Journal of Cardiovascular Pharmacology, 2011
Our studies in the mRen2.Lewis female rat, an angiotensin II-and estrogen-dependent model of hypertension, revealed that chronic activation of estrogen receptor GPR30 markedly reduces blood pressure in ovariectomized females. The present studies measured acute vasodilation to the selective GPR30 agonist G-1 and 17-β-estradiol (10 -9 to 10 -5.5 M) in isolated aortic rings and mesenteric arteries from intact mRen2.Lewis females. Maximal relaxation was greater in mesenteric vessels versus the aorta for both G-1 (47 ± 8% vs. 80 ± 5% of phenylephrine preconstriction, P < 0.001) and estradiol (42 ± 7% vs. 83 ± 4% of phenylephrine preconstriction, P < 0.001).
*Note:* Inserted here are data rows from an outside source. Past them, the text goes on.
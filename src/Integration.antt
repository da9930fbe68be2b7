-- ===== src/Integration.antt =====
-- The simulated network and cluster of dstate-integration/src, on which the integration tests run
-- the engines.
pub mod Interceptor
pub mod Transport
pub mod Delivery
pub mod Due
pub mod Pipeline
pub mod Partition
pub mod Duplication
pub mod Corruption
pub mod Cluster
pub mod Routing
pub mod Tick
pub mod Sound
pub mod Returns
pub mod Phases
pub mod Settle
pub mod Changes
pub mod Reachable
pub mod Broadcast
pub mod Rounding
pub mod Purge
pub mod TestCluster
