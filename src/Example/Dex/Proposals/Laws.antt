-- ===== src/Example/Dex/Proposals/Laws.antt =====
-- What BuildProposal puts into a block, and what VerifyProposal makes of it.
use bapi.Example.Dex.Oracle.{build_oracle_tx}
use bapi.Example.Dex.State.{decoded, malformed, OraclePrice, Decoded, World}
use bapi.Types.{ProposalContext, CommittedVoteExtension, Tx}
use bapi.Example.Dex.Proposals.{
  any_void, is_oracle, proposal_txs, judged, injected, any_oracle, fill,
}
use bapi.Base.{
  ◌&&◌, ◌||◌, Bool, not, ◌==◌, true, none, if◌then◌else◌, some, Option, ◌++◌, drop, refl, ◌^◌, ◌<◌,
  ◌%◌, [], ◌+◌, arith, length, false, All, ◌≤◌, ◌≡◌, ◌∷◌, ℕ, List,
}

-- The bytes of a list of transactions.
abbrev pub size : List Tx → ℕ
size [] = 0
size (tx ∷ txs) = length tx + size txs

fill-size :
    (max total : ℕ) (txs : List Tx)
    → total ≤ max
    → All (λ tx. max + length tx < 2 ^ 64) txs
    → total + size (fill max total txs) ≤ max
unfolding fill
fill-size max total [] h a = omega arith
fill-size max total (tx ∷ txs) h a =
    ground
      (arith, fill-size max total txs h a.1, fill-size max ((total + length tx) % 2 ^ 64) txs, a.0)

pub fill-oracle : (max total : ℕ) (txs : List Tx) → any_oracle (fill max total txs) ≡ false
unfolding fill any_oracle
fill-oracle max total [] = refl
fill-oracle max total (tx ∷ txs) =
    ground (arith, fill-oracle max total txs, fill-oracle max ((total + length tx) % 2 ^ 64) txs)

injected-size : (max : ℕ) (o : Option Tx) → size (injected max o).0 ≡ (injected max o).1
unfolding injected
injected-size max none = refl
injected-size max (some tx) = ground arith

injected-max : (max : ℕ) (o : Option Tx) → (injected max o).1 ≤ max
unfolding injected
injected-max max none = omega arith
injected-max max (some tx) = ground arith

size-append : (xs ys : List Tx) → size (xs ++ ys) ≡ size xs + size ys
size-append [] ys = omega arith
size-append (x ∷ xs) ys = omega (arith, size-append xs ys)

any_oracle-tail : (txs : List Tx) → any_oracle txs ≡ false → any_oracle (drop 1 txs) ≡ false
unfolding any_oracle
any_oracle-tail [] h = refl
any_oracle-tail (tx ∷ txs) h = ground arith

injected-others :
    (max : ℕ) (o : Option Tx) (txs : List Tx)
    → any_oracle txs ≡ false
    → any_oracle (drop 1 ((injected max o).0 ++ txs)) ≡ false
unfolding injected
injected-others max none txs h = any_oracle-tail txs h
injected-others max (some tx) txs h = ground (arith, any_oracle-tail txs h)

module _ (w : World) where
  -- What is built is no larger than the context allows, where no sum of that bound and the length
  -- of a transaction overflows, and no transaction but the first is an oracle update.
  pub proposal_bounds :
      (pctx : ProposalContext)
      → All (λ tx. pctx.max_tx_bytes + length tx < 2 ^ 64) pctx.mempool_txs
      → (size (proposal_txs w pctx) ≤ pctx.max_tx_bytes)
        × (any_oracle (drop 1 (proposal_txs w pctx)) ≡ false)
  unfolding proposal_txs
  proposal_bounds pctx h =
      let max = pctx.max_tx_bytes in
      let txs = pctx.mempool_txs in
      let o : Option Tx =
        if length pctx.vote_extensions == 0 then none else build_oracle_tx w pctx.vote_extensions in
      let i = injected max o in
      (
        omega (
          arith,
          size-append i.0 (fill max i.1 txs),
          injected-size max o,
          fill-size max i.1 txs (injected-max max o) h,
        ),
        injected-others max o (fill max i.1 txs) (fill-oracle max i.1 txs),
      )

  -- A transaction that is no oracle update, put first, has a block with vote extensions accepted
  -- whatever follows it; without vote extensions the same block is accepted just where no oracle
  -- update follows.
  judged_others :
      (ext : CommittedVoteExtension) (exts : List CommittedVoteExtension) (first : Tx)
      (others : List Tx)
      → is_oracle first ≡ false
      → ((judged w (ext ∷ exts) (first ∷ others)).accept ≡ true)
        × ((judged w [] (first ∷ others)).accept ≡ not (any_oracle others))
  unfolding judged
  judged_others ext exts first others h = ground arith

-- What VerifyProposal is there to check: an oracle update is the first transaction or none, and its
-- JSON is one of prices of which none is void.
abbrev sound : Decoded (List OraclePrice) → Bool
sound (malformed e) = false
sound (decoded ps) = not (any_void ps)

abbrev pub intended : World → List Tx → Bool
intended w [] = true
intended w (first ∷ others) =
    not (any_oracle others) && (not (is_oracle first) || sound (w.unmarshal_prices (drop 1 first)))

-- There are vote extensions, and the first transaction is no oracle update.
abbrev pub unchecked : List CommittedVoteExtension → List Tx → Bool
unchecked exts [] = false
unchecked exts (first ∷ others) = not (length exts == 0) && not (is_oracle first)

judged-decoded :
    (w : World) (d : Decoded (List OraclePrice)) (exts : List CommittedVoteExtension) (first : Tx)
    (others : List Tx)
    → w.unmarshal_prices (drop 1 first) ≡ d
    → (judged w exts (first ∷ others)).accept
      ≡ (unchecked exts (first ∷ others) || intended w (first ∷ others))
unfolding judged
judged-decoded w (malformed e) exts first others h = ground (arith, h)
judged-decoded w (decoded ps) exts first others h = ground (arith, h)

-- Which proposals are accepted: those in which an oracle update is the first transaction or none and
-- is one of prices that are not void, and besides them every block with vote extensions whose first
-- transaction is no oracle update, whatever follows it.
pub accept-judged :
    (w : World) (exts : List CommittedVoteExtension) (txs : List Tx)
    → (judged w exts txs).accept ≡ (unchecked exts txs || intended w txs)
unfolding judged
accept-judged w exts [] = refl
accept-judged w exts (first ∷ others) =
    judged-decoded w (w.unmarshal_prices (drop 1 first)) exts first others refl
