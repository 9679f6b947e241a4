-- ===== src/Example/Dex/Proposals/Accepted.antt =====
-- VerifyProposal on what BuildProposal makes.
use bapi.Example.Dex.Proposals.Laws.{fill-oracle}
use bapi.Go.Run.{returned}
use bapi.Example.Dex.Chain.{Dex}
use bapi.Example.Dex.Execute.{tx_oracle_update}
use bapi.Types.{ReceivedProposal, ProposalContext, Tx, CommittedVoteExtension, ProposalVerdict}
use bapi.Go.Order.{bytes_lt, bytes_eq}
use bapi.Go.Sort.{length-sort_slice, sort_slice-All, sort_slice}
use bapi.Example.Dex.Transactions.{is_void}
use bapi.Example.Dex.State.{malformed, Decoded, decoded, World, elements, OraclePrice}
use bapi.Go.Dict.{Dict, lookup, insert}
use bapi.Example.Dex.Oracle.{
  oracle_tx, collect_decoded, build_oracle_tx, by_pair, collect, aggregate, median_of, median,
  collect_prices,
}
use bapi.Example.Dex.Proposals.{
  fill, proposal_txs, any_oracle, verify_proposal, judged, injected, any_void,
}
use bapi.Base.{
  ◌∙◌, ap₂, ap, if◌then◌else◌, none, some, ◌==◌, Option, true, All-append, length-append, ◌++◌,
  zero, refl, ◌/◌, suc, map, inr, [], ltb, inl, false, arith, ◌≡◌, get_or, Bool-cases, ◌∷◌, length,
  ◌<◌, All, ℕ, List,
}
use bapi.Go.Text.{Bytes}

-- What `collect` holds for a pair: a name, and at least one price, none of them zero.
record Usable (e : Bytes × List ℕ) : Type 0 where
  pub named : 0 < length e.0
  pub any : 0 < length e.1
  pub priced : All (λ n. 0 < n) e.1

insert-Usable :
    (k : Bytes) (v : List ℕ) (m : Dict (List ℕ))
    → Usable (k, v)
    → All Usable m
    → All Usable (insert k v m)
unfolding insert
insert-Usable k v [] u h = (u, tt)
insert-Usable k v ((j, c) ∷ m) u h = elim (Bool-cases (bytes_eq j k)) [
  | inl e ↦ rw e (u, h.1)
  | inr e ↦ elim (Bool-cases (bytes_lt k j)) [
    | inl l ↦ rw (e, l) (u, h)
    | inr l ↦ rw (e, l) (h.0, insert-Usable k v m u h.1)
  ]
]

lookup-priced :
    (k : Bytes) (m : Dict (List ℕ)) → All Usable m → All (λ n. 0 < n) (elements (lookup k m))
unfolding lookup
lookup-priced k [] h = tt
lookup-priced k ((j, c) ∷ m) h = elim (Bool-cases (bytes_eq j k)) [
  | inl e ↦ rw e h.0.priced
  | inr e ↦ rw e (lookup-priced k m h.1)
]

collect_prices-Usable :
    (ps : List OraclePrice) (m : Dict (List ℕ)) → All Usable m → All Usable (collect_prices ps m)
unfolding collect_prices
collect_prices-Usable [] m h = h
collect_prices-Usable (p ∷ ps) m h = elim (Bool-cases (is_void p)) [
  | inl e ↦ rw e (collect_prices-Usable ps m h)
  | inr e ↦
      let old = elements (lookup p.pair m) in
      rw e (
        collect_prices-Usable ps (insert p.pair (old ++ (p.price ∷ [])) m) (
          insert-Usable p.pair (old ++ (p.price ∷ [])) m
            (record {
              named = ground arith;
              any = omega (arith, length-append old (p.price ∷ []));
              priced =
                  All-append (λ n. 0 < n) old (p.price ∷ []) (lookup-priced p.pair m h)
                    (ground arith, tt);
            })
            h))
]

collect_decoded-Usable :
    (d : Decoded (List OraclePrice)) (m : Dict (List ℕ))
    → All Usable m
    → All Usable (collect_decoded d m)
unfolding collect_decoded
collect_decoded-Usable (malformed e) m h = h
collect_decoded-Usable (decoded ps) m h = collect_prices-Usable ps m h

get_or-positive : (xs : List ℕ) (i : ℕ) → All (λ n. 0 < n) xs → i < length xs → 0 < get_or xs i 0
get_or-positive [] i h l = absurd (omega arith)
get_or-positive (x ∷ xs) zero h l = h.0
get_or-positive (x ∷ xs) (suc i) h l = get_or-positive xs i h.1 (omega arith)

median-positive : (vals : List ℕ) → All (λ n. 0 < n) vals → 0 < length vals → 0 < median vals
unfolding median
median-positive vals h l =
    get_or-positive (sort_slice ltb vals) (length vals / 2) (sort_slice-All ltb (λ n. 0 < n) vals h)
      (omega (arith, l, length-sort_slice ltb vals))

any_void-none : (ps : List OraclePrice) → All (λ p. is_void p ≡ false) ps → any_void ps ≡ false
unfolding any_void
any_void-none [] h = refl
any_void-none (p ∷ ps) h = rw h.0 (any_void-none ps h.1)

medians_sound :
    (es : List (Bytes × List ℕ)) → All Usable es → All (λ p. is_void p ≡ false) (map median_of es)
medians_sound [] h = tt
medians_sound (e ∷ es) h =
    (ground (arith, h.0.named, median-positive e.1 h.0.priced h.0.any), medians_sound es h.1)

abbrev Accepting : ProposalVerdict → Type 0
Accepting v = v ≡ record { accept = true; reject_reason = [] }

module _ (w : World) where
  collect-Usable :
      (exts : List CommittedVoteExtension) (m : Dict (List ℕ))
      → All Usable m
      → All Usable (collect w exts m)
  unfolding collect
  collect-Usable [] m h = h
  collect-Usable (x ∷ exts) m h = elim (Bool-cases (length x.extension == 0)) [
    | inl e ↦ rw e (collect-Usable exts m h)
    | inr e ↦ rw e (
        collect-Usable exts (collect_decoded (w.unmarshal_prices x.extension) m)
          (collect_decoded-Usable (w.unmarshal_prices x.extension) m h))
  ]

  judged-plain :
      (exts : List CommittedVoteExtension) (txs : List Tx)
      → any_oracle txs ≡ false
      → Accepting (judged w exts txs)
  unfolding judged any_oracle
  judged-plain exts [] h = refl
  judged-plain exts (first ∷ others) h = ground arith

  judged-oracle :
      (exts : List CommittedVoteExtension) (ps : List OraclePrice) (others : List Tx)
      → w.unmarshal_prices (w.marshal_prices ps) ≡ decoded ps
      → any_void ps ≡ false
      → any_oracle others ≡ false
      → Accepting (judged w exts ((tx_oracle_update ∷ w.marshal_prices ps) ∷ others))
  unfolding judged
  judged-oracle exts ps others d v h = rw (d, v, h) (ground arith)

  -- A transaction that is accepted before any others, or none.
  Leads : List CommittedVoteExtension → Option Tx → Type 0
  Leads exts none = Unit {0}
  Leads exts (some tx) =
      (others : List Tx) → any_oracle others ≡ false → Accepting (judged w exts (tx ∷ others))

  judged-injected :
      (exts : List CommittedVoteExtension) (max : ℕ) (o : Option Tx) (others : List Tx)
      → Leads exts o
      → any_oracle others ≡ false
      → Accepting (judged w exts ((injected max o).0 ++ others))
  unfolding injected Leads
  judged-injected exts max none others l h = judged-plain exts others h
  judged-injected exts max (some tx) others l h = elim (Bool-cases (ltb max (length tx))) [
    | inl e ↦ rw e (judged-plain exts others h)
    | inr e ↦ rw e (l others h)
  ]

  oracle_tx-Leads :
      (exts : List CommittedVoteExtension) (m : Dict (List ℕ))
      → w.unmarshal_prices (w.marshal_prices (aggregate w m)) ≡ decoded (aggregate w m)
      → any_void (aggregate w m) ≡ false
      → Leads exts (oracle_tx w m)
  unfolding oracle_tx Leads
  oracle_tx-Leads exts [] d v = tt
  oracle_tx-Leads exts (e ∷ m) d v =
      λ others h. judged-oracle exts (aggregate w (e ∷ m)) others d v h

  aggregate_sound : (m : Dict (List ℕ)) → All Usable (w.order m) → any_void (aggregate w m) ≡ false
  unfolding aggregate
  aggregate_sound m h = any_void-none (sort_slice by_pair (map median_of (w.order m))) (
      sort_slice-All by_pair (λ p. is_void p ≡ false) (map median_of (w.order m))
        (medians_sound (w.order m) h))

  -- What BuildProposal makes is accepted by VerifyProposal under the same vote extensions, in any
  -- state. This holds where the loop over the map of prices visits only what is in the map, and
  -- the JSON of the aggregated prices decodes to them.
  pub own_accepted :
      (pctx : ProposalContext) (prop : ReceivedProposal) (app : Dex)
      → let m = collect w pctx.vote_extensions [] in
        ((P : Bytes × List ℕ → Type 0) → All P m → All P (w.order m))
        → w.unmarshal_prices (w.marshal_prices (aggregate w m)) ≡ decoded (aggregate w m)
        → prop.vote_extensions ≡ pctx.vote_extensions
        → prop.txs ≡ proposal_txs w pctx
        → verify_proposal w prop app
          ≡ returned (record { accept = true; reject_reason = [] }, none) app
  unfolding verify_proposal proposal_txs build_oracle_tx Leads
  own_accepted pctx prop app visits d e t =
      let exts = pctx.vote_extensions in
      let m = collect w exts [] in
      let max = pctx.max_tx_bytes in
      let o : Option Tx = if length exts == 0 then none else oracle_tx w m in
      let leads : Leads exts o = elim (Bool-cases (length exts == 0)) [
        | inl e ↦ rw e tt
        | inr e ↦ rw e (
            oracle_tx-Leads exts m d
              (aggregate_sound m (visits Usable (collect-Usable exts [] tt))))
      ] in
      let rest = fill max (injected max o).1 pctx.mempool_txs in
      ap (λ v. returned (v, none) app)
        (ap₂ (judged w) e t
          ∙ judged-injected exts max o rest leads
              (fill-oracle max (injected max o).1 pctx.mempool_txs))
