-- ===== src/Go/Time.antt =====
-- What the source uses of package time: a time.Time, and arithmetic on int64.
use bapi.Base.Int.{pos, negsuc, ℤ}
use bapi.Base.{ℕ, ◌+◌, ◌-◌, ◌/◌, ◌%◌, ◌^◌, ltb, if◌then◌else◌}

-- A number plus or minus a natural one.
unfoldable pub add_nat : ℤ → ℕ → ℤ
add_nat (pos a) k = pos (a + k)
add_nat (negsuc a) k = if ltb a k then pos (k - a - 1) else negsuc (a - k)

unfoldable pub sub_nat : ℤ → ℕ → ℤ
sub_nat (pos a) k = if ltb a k then negsuc (k - a - 1) else pos (a - k)
sub_nat (negsuc a) k = negsuc (a + k)

-- The int64 with the same lowest 64 bits.
unfoldable pub int64 : ℤ → ℤ
int64 (pos n) = let m = n % 2 ^ 64 in if ltb m (2 ^ 63) then pos m else negsuc (2 ^ 64 - 1 - m)
int64 (negsuc n) = let m = n % 2 ^ 64 in if ltb m (2 ^ 63) then negsuc m else pos (2 ^ 64 - 1 - m)

abbrev pub second : ℕ
second = 1000000000

-- An instant: seconds since 1970, and the nanoseconds of the second that has begun. The location
-- and the reading of the monotonic clock are left out.
pub record Time : Type 0 where
  pub unix : ℤ
  pub nanosecond : ℕ

-- `time.Unix`
unfoldable pub unix_time : ℤ → ℤ → Time
unfolding add_nat sub_nat int64
unix_time sec (pos n) = record { unix = int64 (add_nat sec (n / second)); nanosecond = n % second }
unix_time sec (negsuc n) = record {
  unix = int64 (sub_nat sec (n / second + 1));
  nanosecond = second - 1 - n % second;
}

-- `Time.Add`, by nanoseconds.
unfoldable pub after : Time → ℤ → Time
unfolding unix_time
after t d = unix_time t.unix (add_nat d t.nanosecond)

-- `time.Date(2024, 1, 1, 0, 0, 0, 0, time.UTC)`
abbrev pub year_2024 : Time
year_2024 = record { unix = pos 1704067200; nanosecond = 0 }
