-- ===== src/Types/Time.antt =====
-- time.go: timestamps and durations of the wire, from and to Go's.
use bapi.Base.{◌%◌, ap, ◌/◌, ℕ, ◌↔◌, arith, ◌≡◌, ◌^◌, ◌<◌}
use bapi.Base.Int.{negsuc, pos, ℤ}
use bapi.Go.Time.{second, int64, add_nat, Time, unix_time}
use bapi.Types.Core.{Timestamp, Duration}

-- The nanoseconds fit an int32.
unfoldable pub time_to_timestamp : Time → Timestamp
time_to_timestamp t = record { seconds = t.unix; nanos = pos t.nanosecond }

unfoldable pub to_time : Timestamp → Time
unfolding unix_time
to_time ts = unix_time ts.seconds ts.nanos

-- A time.Duration is its nanoseconds, an int64.
unfoldable pub duration_from_go : ℤ → Duration
duration_from_go d = record { nanos = d }

unfoldable pub to_go : Duration → ℤ
to_go d = d.nanos

-- The values of an int64.
unfoldable pub IsInt64 : ℤ → Type 0
IsInt64 (pos n) = n < 2 ^ 63
IsInt64 (negsuc n) = n < 2 ^ 63

-- Of a timestamp, the part that is a whole number of nanoseconds in a second.
unfoldable pub IsNanos : ℤ → Type 0
IsNanos (pos n) = n < second
IsNanos (negsuc n) = ⊥

int64-IsInt64 : (i : ℤ) → IsInt64 i → int64 i ≡ i
unfolding int64 IsInt64
int64-IsInt64 (pos n) h = ground arith
int64-IsInt64 (negsuc n) h = ground arith

add_nat_zero : (i : ℤ) → add_nat i 0 ≡ i
unfolding add_nat
add_nat_zero (pos n) = ground arith
add_nat_zero (negsuc n) = ground arith

small_div : (n : ℕ) → n < second → n / second ≡ 0
small_div n k = omega arith

small_mod : (n : ℕ) → n < second → n % second ≡ n
small_mod n k = omega arith

unix_time-small :
    (sec : ℤ) (n : ℕ)
    → IsInt64 sec
    → n < second
    → unix_time sec (pos n) ≡ record { unix = sec; nanosecond = n }
unfolding unix_time
unix_time-small sec n h k =
    ground (arith, small_div n k, small_mod n k, add_nat_zero sec, int64-IsInt64 sec h)

to_time_same :
    (sec nanos : ℤ)
    → IsInt64 sec
    → (time_to_timestamp (unix_time sec nanos) ≡ record { seconds = sec; nanos = nanos })
      ↔ IsNanos nanos
unfolding time_to_timestamp IsNanos unix_time
to_time_same sec (pos n) h = (
  λ e. ground (arith, ap (λ (x : Timestamp). x.nanos) e),
  λ k. ap time_to_timestamp (unix_time-small sec n h k),
)
to_time_same sec (negsuc n) h =
    (λ e. ground (arith, ap (λ (x : Timestamp). x.nanos) e), λ k. absurd k)

-- Every time keeps its instant on the way through a timestamp, and a timestamp comes back the same
-- from a time exactly if its nanoseconds are those of a second, from 0 to 999999999. The seconds
-- are those of an int64.
pub round_trips :
    (t : Time) (ts : Timestamp)
    → IsInt64 t.unix
    → t.nanosecond < second
    → IsInt64 ts.seconds
    → (to_time (time_to_timestamp t) ≡ t)
      × ((time_to_timestamp (to_time ts) ≡ ts) ↔ IsNanos ts.nanos)
unfolding to_time time_to_timestamp unix_time IsNanos
round_trips t ts h n k =
    (unix_time-small t.unix t.nanosecond h n, to_time_same ts.seconds ts.nanos k)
The GPR30 antagonist G15 attenuated the response to both estradiol and G-1. Removal of the endothelium or pretreatment with L-NAME partially attenuated vasorelaxation. Responses were not altered in mesenteric vessels from ovariectomized females. Immunohistochemical analysis revealed GPR30 expression in mesenteric endothelial and smooth muscle cells, and smooth muscle expression was confirmed in cultured cells. We conclude that estradiol-induced relaxation in conduit and resistance vessels from mRen2.Lewis females may be mediated by the novel estrogen receptor GPR30. The direct vasodilatory response of G-1 in resistance vessels presents one mechanism for the reduction in blood pressure induced by chronic G-1 administration.